ACTIVITY: In the listing that follows, count each line where the word "insert" appears; write nothing but the count.

------

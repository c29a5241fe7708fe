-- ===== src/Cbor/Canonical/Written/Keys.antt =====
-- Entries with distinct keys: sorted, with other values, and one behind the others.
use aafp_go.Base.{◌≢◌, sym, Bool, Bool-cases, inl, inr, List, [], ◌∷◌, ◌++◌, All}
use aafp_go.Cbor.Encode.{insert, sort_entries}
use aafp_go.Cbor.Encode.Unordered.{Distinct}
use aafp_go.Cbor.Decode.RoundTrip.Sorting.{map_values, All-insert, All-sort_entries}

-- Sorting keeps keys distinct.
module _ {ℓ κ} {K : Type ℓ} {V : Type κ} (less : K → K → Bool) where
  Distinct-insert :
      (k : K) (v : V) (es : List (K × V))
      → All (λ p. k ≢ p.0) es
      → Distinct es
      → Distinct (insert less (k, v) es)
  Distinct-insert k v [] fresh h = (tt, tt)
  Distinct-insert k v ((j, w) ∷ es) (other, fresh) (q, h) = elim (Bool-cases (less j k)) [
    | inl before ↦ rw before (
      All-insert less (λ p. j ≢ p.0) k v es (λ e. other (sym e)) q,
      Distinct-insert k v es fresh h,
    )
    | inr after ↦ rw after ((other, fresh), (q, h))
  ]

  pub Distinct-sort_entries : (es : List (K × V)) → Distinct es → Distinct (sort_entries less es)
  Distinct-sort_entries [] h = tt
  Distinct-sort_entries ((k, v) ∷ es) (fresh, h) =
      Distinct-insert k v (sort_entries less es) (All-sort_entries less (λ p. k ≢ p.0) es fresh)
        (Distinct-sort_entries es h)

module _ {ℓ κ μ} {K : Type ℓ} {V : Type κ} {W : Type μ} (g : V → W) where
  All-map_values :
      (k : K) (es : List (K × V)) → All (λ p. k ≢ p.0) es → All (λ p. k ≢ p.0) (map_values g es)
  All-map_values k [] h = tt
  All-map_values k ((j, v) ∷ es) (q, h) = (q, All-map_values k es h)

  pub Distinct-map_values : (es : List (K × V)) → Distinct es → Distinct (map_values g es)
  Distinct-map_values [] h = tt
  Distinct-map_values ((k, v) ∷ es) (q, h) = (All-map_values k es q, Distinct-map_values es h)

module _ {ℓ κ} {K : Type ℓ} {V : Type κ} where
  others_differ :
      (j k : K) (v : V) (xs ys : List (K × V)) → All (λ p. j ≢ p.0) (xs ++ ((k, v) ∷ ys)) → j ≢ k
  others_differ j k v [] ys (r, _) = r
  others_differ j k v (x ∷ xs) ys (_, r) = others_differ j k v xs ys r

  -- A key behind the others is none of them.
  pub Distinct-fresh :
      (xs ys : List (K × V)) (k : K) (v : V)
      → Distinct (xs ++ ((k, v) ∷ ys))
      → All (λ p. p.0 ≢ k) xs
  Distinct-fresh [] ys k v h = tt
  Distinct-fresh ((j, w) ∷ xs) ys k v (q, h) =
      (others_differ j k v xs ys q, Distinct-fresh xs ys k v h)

------

TASK SOLUTION: 9